INFORMATION GIVEN:
[Start of Attachment]
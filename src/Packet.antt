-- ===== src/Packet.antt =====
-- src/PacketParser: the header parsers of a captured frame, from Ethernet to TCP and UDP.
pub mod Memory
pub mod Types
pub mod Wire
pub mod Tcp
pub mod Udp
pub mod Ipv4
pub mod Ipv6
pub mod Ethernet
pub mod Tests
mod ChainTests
[End of Attachment]
[Start of Attachment]
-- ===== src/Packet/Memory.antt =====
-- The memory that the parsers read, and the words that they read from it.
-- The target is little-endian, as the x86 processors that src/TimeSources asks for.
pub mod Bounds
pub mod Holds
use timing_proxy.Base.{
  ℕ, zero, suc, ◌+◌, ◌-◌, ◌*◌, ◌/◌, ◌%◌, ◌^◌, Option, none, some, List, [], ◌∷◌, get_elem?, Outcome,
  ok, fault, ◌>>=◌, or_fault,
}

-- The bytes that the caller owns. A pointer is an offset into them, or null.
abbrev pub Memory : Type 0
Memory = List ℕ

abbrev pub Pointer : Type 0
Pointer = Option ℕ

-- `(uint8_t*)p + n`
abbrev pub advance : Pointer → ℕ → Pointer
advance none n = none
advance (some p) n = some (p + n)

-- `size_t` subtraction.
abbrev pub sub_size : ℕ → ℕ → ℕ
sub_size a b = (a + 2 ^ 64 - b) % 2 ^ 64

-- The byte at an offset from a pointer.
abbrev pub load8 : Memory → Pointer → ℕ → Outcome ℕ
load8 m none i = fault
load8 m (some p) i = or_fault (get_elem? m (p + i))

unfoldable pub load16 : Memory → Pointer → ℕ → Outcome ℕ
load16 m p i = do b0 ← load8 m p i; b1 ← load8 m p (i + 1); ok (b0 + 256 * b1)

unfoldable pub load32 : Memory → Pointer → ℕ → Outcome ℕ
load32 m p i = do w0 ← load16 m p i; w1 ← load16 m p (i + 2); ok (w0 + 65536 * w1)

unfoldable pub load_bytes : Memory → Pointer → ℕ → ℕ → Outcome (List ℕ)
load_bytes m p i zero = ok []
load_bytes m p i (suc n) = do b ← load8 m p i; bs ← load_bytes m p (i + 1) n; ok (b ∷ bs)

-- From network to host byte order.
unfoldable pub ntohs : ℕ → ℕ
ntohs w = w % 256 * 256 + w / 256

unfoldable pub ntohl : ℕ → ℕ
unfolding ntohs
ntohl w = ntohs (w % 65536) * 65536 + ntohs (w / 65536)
[End of Attachment]
From the listing above, return the lines starting at the one with "-- The byte at an offset from a pointer." and ending at the one with "unfolding ntohs", both kept, exactly as they appear and nothing more.

-- The byte at an offset from a pointer.
abbrev pub load8 : Memory → Pointer → ℕ → Outcome ℕ
load8 m none i = fault
load8 m (some p) i = or_fault (get_elem? m (p + i))

unfoldable pub load16 : Memory → Pointer → ℕ → Outcome ℕ
load16 m p i = do b0 ← load8 m p i; b1 ← load8 m p (i + 1); ok (b0 + 256 * b1)

unfoldable pub load32 : Memory → Pointer → ℕ → Outcome ℕ
load32 m p i = do w0 ← load16 m p i; w1 ← load16 m p (i + 2); ok (w0 + 65536 * w1)

unfoldable pub load_bytes : Memory → Pointer → ℕ → ℕ → Outcome (List ℕ)
load_bytes m p i zero = ok []
load_bytes m p i (suc n) = do b ← load8 m p i; bs ← load_bytes m p (i + 1) n; ok (b ∷ bs)

-- From network to host byte order.
unfoldable pub ntohs : ℕ → ℕ
ntohs w = w % 256 * 256 + w / 256

unfoldable pub ntohl : ℕ → ℕ
unfolding ntohs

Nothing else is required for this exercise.